**ACTIVITY:** Transcribe the data below verbatim from the line with "validate_events_published notification_codec" to the line with "check_event relayward_sdk.Base.beq has_prefix". Include both of those lines.

** Opening SOURCE MATERIAL block **

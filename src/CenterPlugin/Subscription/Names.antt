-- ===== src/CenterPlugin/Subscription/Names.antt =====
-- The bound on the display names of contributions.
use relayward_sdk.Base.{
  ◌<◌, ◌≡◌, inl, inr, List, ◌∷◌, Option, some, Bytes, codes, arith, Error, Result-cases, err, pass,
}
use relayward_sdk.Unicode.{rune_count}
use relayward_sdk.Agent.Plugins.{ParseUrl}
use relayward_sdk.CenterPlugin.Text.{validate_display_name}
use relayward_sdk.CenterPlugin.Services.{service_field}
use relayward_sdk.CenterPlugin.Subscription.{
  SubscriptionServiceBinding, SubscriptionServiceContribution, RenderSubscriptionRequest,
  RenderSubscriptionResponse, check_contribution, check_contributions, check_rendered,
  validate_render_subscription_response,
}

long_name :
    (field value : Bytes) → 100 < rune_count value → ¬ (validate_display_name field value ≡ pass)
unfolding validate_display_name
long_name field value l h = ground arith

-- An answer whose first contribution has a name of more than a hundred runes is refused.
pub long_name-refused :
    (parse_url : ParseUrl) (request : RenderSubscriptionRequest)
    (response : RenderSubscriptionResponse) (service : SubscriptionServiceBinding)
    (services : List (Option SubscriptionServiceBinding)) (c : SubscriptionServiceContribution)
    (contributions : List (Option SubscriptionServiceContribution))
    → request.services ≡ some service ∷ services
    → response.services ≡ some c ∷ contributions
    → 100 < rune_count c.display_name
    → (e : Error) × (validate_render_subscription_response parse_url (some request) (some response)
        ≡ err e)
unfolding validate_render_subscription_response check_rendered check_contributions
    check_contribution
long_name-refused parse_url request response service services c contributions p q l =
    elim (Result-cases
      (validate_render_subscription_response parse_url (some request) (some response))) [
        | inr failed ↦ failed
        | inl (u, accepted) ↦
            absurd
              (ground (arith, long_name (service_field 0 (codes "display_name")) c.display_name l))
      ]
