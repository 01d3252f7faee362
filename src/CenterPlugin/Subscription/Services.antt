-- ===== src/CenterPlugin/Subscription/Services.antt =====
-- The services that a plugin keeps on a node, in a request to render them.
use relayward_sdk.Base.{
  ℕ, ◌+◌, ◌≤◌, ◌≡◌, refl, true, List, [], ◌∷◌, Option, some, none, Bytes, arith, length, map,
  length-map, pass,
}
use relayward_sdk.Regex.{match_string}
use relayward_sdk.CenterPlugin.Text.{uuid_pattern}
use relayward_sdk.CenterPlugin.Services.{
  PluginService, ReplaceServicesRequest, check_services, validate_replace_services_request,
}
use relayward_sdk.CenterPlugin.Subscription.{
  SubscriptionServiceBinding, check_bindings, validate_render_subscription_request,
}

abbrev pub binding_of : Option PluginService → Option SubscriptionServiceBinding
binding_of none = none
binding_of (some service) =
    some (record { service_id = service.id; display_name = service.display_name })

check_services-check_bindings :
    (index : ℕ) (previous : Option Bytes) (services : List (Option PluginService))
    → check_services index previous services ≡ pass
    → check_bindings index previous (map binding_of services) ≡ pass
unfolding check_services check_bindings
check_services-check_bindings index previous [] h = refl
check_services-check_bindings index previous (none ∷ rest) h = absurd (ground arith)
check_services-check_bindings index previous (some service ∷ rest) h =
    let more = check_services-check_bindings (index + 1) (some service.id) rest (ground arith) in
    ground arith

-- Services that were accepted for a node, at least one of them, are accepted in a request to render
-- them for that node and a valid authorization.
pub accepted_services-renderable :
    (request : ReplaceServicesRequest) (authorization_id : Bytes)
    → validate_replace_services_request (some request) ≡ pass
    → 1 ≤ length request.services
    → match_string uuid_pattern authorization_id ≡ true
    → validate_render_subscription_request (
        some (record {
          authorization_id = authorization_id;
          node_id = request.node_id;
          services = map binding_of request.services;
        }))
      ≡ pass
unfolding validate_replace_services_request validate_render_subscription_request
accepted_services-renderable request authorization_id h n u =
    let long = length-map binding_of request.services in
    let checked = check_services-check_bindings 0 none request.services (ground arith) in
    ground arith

** Closing SOURCE MATERIAL block **
** Opening SOURCE MATERIAL block **

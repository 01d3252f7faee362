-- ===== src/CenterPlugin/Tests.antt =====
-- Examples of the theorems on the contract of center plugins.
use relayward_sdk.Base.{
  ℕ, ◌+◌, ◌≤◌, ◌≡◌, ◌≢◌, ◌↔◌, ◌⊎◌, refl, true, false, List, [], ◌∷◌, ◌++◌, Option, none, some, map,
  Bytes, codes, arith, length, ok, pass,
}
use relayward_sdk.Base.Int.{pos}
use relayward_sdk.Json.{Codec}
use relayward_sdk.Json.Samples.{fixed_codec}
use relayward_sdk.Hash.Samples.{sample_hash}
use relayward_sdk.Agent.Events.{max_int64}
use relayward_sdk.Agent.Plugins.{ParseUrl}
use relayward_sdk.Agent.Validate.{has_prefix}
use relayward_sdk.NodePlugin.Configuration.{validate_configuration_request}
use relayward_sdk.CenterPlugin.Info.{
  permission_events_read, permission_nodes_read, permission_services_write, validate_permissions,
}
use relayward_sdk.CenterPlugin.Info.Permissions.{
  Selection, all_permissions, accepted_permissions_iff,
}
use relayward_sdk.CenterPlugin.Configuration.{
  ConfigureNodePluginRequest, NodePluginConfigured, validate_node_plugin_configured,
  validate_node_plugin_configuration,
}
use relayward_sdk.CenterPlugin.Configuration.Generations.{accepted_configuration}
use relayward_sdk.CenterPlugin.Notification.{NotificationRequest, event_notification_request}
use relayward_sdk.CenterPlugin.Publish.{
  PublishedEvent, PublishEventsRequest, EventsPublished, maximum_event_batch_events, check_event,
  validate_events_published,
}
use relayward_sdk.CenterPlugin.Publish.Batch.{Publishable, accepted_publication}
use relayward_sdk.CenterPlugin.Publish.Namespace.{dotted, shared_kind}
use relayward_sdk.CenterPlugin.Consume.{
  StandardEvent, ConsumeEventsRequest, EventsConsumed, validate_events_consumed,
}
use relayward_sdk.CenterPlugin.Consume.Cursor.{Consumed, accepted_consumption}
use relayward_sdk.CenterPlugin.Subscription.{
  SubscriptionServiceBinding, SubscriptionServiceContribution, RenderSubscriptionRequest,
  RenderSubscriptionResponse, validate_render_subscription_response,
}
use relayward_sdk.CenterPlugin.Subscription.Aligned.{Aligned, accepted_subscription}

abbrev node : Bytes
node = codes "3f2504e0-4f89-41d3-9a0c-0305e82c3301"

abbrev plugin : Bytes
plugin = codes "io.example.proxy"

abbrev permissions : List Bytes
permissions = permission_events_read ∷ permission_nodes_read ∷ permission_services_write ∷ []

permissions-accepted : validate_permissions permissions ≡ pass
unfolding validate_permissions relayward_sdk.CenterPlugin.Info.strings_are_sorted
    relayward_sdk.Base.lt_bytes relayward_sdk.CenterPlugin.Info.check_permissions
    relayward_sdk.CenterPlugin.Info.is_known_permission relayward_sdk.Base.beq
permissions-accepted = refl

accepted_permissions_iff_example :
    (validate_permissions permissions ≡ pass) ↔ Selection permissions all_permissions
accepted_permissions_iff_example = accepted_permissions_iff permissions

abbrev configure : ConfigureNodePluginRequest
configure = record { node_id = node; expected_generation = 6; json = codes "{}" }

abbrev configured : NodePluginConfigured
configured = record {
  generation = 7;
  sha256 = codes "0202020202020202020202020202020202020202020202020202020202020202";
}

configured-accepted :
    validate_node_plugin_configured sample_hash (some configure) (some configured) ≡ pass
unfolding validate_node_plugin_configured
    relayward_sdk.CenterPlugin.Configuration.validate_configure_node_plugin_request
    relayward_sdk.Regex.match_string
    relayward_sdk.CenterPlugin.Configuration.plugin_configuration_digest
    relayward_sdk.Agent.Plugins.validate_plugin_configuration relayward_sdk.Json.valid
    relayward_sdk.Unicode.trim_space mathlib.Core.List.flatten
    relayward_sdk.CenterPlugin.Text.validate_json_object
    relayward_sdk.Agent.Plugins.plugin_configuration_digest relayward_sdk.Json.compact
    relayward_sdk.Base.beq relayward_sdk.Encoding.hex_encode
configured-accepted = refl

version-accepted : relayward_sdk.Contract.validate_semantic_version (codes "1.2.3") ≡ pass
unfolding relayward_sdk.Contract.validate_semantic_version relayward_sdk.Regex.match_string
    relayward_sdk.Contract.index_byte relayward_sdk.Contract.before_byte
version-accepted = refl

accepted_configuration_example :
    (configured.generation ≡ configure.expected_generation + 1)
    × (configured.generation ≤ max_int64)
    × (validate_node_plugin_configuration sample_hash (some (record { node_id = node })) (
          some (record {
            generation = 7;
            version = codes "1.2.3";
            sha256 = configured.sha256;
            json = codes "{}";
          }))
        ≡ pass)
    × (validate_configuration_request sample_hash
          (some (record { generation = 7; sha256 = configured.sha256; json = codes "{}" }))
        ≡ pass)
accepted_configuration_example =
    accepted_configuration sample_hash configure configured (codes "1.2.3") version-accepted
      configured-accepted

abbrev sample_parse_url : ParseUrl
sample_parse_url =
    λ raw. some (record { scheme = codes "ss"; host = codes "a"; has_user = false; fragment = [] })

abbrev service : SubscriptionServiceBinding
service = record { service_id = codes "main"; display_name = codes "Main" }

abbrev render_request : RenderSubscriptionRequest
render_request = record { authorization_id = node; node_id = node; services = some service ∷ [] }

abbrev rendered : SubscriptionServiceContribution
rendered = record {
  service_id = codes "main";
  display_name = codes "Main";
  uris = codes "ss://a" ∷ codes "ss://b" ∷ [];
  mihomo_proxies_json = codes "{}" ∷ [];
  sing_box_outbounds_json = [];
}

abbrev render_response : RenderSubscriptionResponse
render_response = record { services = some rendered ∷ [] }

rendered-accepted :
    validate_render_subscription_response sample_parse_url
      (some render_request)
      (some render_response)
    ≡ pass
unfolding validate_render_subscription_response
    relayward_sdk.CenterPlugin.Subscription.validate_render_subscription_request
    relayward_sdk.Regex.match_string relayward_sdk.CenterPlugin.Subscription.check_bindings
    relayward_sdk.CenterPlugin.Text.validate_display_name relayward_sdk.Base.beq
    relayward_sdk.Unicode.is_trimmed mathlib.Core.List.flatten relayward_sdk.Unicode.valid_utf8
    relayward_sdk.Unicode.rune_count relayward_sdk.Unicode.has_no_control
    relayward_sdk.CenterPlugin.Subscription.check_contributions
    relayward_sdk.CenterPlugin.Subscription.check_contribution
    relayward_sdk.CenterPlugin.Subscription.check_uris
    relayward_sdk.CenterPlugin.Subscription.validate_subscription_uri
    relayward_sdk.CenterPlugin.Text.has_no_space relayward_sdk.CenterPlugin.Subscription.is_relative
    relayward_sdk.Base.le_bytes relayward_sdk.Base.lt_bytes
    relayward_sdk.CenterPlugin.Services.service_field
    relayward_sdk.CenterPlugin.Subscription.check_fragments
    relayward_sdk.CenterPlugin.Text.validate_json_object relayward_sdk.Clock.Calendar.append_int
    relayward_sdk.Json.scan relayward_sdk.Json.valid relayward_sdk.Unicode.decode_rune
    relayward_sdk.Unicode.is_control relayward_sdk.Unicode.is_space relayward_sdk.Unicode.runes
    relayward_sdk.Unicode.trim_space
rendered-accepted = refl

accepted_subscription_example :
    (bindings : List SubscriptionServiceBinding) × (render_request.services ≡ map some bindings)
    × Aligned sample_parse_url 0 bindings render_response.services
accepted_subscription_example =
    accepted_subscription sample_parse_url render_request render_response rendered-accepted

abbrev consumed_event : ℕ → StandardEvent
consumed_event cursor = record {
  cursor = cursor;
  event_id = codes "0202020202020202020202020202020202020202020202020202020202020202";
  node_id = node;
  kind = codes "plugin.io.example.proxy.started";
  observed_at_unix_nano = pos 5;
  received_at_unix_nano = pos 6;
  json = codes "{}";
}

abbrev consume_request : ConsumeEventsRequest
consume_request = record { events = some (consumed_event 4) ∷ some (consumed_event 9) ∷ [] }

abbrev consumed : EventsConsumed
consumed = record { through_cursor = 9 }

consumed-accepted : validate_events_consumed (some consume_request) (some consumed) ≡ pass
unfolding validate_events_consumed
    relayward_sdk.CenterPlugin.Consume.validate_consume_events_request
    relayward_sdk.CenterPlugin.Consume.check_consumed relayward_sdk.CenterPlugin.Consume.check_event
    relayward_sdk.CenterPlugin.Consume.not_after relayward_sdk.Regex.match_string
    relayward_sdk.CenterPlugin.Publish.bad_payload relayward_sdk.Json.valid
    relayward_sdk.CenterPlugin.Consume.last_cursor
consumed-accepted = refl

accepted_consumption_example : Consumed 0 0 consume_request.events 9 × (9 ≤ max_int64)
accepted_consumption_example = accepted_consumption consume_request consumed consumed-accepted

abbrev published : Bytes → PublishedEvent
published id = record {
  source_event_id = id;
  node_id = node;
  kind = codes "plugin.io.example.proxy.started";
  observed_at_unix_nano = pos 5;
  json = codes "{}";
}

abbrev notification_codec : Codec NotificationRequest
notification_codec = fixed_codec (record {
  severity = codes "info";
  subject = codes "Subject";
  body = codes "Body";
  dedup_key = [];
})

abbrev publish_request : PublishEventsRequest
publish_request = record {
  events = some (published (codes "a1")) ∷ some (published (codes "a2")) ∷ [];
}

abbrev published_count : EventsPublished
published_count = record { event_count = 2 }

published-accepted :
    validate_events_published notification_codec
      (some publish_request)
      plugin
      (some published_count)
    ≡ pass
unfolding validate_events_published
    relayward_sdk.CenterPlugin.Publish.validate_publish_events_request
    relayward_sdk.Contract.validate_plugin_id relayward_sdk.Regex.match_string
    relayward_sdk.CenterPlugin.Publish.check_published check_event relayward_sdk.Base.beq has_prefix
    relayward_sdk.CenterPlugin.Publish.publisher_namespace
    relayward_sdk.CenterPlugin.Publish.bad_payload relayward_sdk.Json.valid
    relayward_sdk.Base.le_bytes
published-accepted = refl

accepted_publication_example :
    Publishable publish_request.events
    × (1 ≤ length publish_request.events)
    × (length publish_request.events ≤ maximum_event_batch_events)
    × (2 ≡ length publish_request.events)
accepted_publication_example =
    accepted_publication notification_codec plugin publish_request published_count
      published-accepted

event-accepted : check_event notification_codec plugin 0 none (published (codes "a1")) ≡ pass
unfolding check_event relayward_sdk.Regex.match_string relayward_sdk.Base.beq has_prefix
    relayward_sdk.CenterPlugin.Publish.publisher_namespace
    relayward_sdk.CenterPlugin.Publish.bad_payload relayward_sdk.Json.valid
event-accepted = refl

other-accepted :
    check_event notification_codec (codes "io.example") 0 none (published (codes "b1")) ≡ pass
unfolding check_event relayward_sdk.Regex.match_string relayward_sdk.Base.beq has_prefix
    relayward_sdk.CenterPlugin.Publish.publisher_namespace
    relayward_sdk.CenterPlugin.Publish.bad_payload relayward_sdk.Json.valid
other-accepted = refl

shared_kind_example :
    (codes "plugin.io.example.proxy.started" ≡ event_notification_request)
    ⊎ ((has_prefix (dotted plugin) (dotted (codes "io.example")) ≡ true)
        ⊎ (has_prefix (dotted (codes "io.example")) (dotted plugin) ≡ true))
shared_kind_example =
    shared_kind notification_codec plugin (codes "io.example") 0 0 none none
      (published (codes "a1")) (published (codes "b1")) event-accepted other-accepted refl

** Closing SOURCE MATERIAL block **

**WRITTEN RESPONSE:**
    validate_events_published notification_codec
      (some publish_request)
      plugin
      (some published_count)
    ≡ pass
unfolding validate_events_published
    relayward_sdk.CenterPlugin.Publish.validate_publish_events_request
    relayward_sdk.Contract.validate_plugin_id relayward_sdk.Regex.match_string
    relayward_sdk.CenterPlugin.Publish.check_published check_event relayward_sdk.Base.beq has_prefix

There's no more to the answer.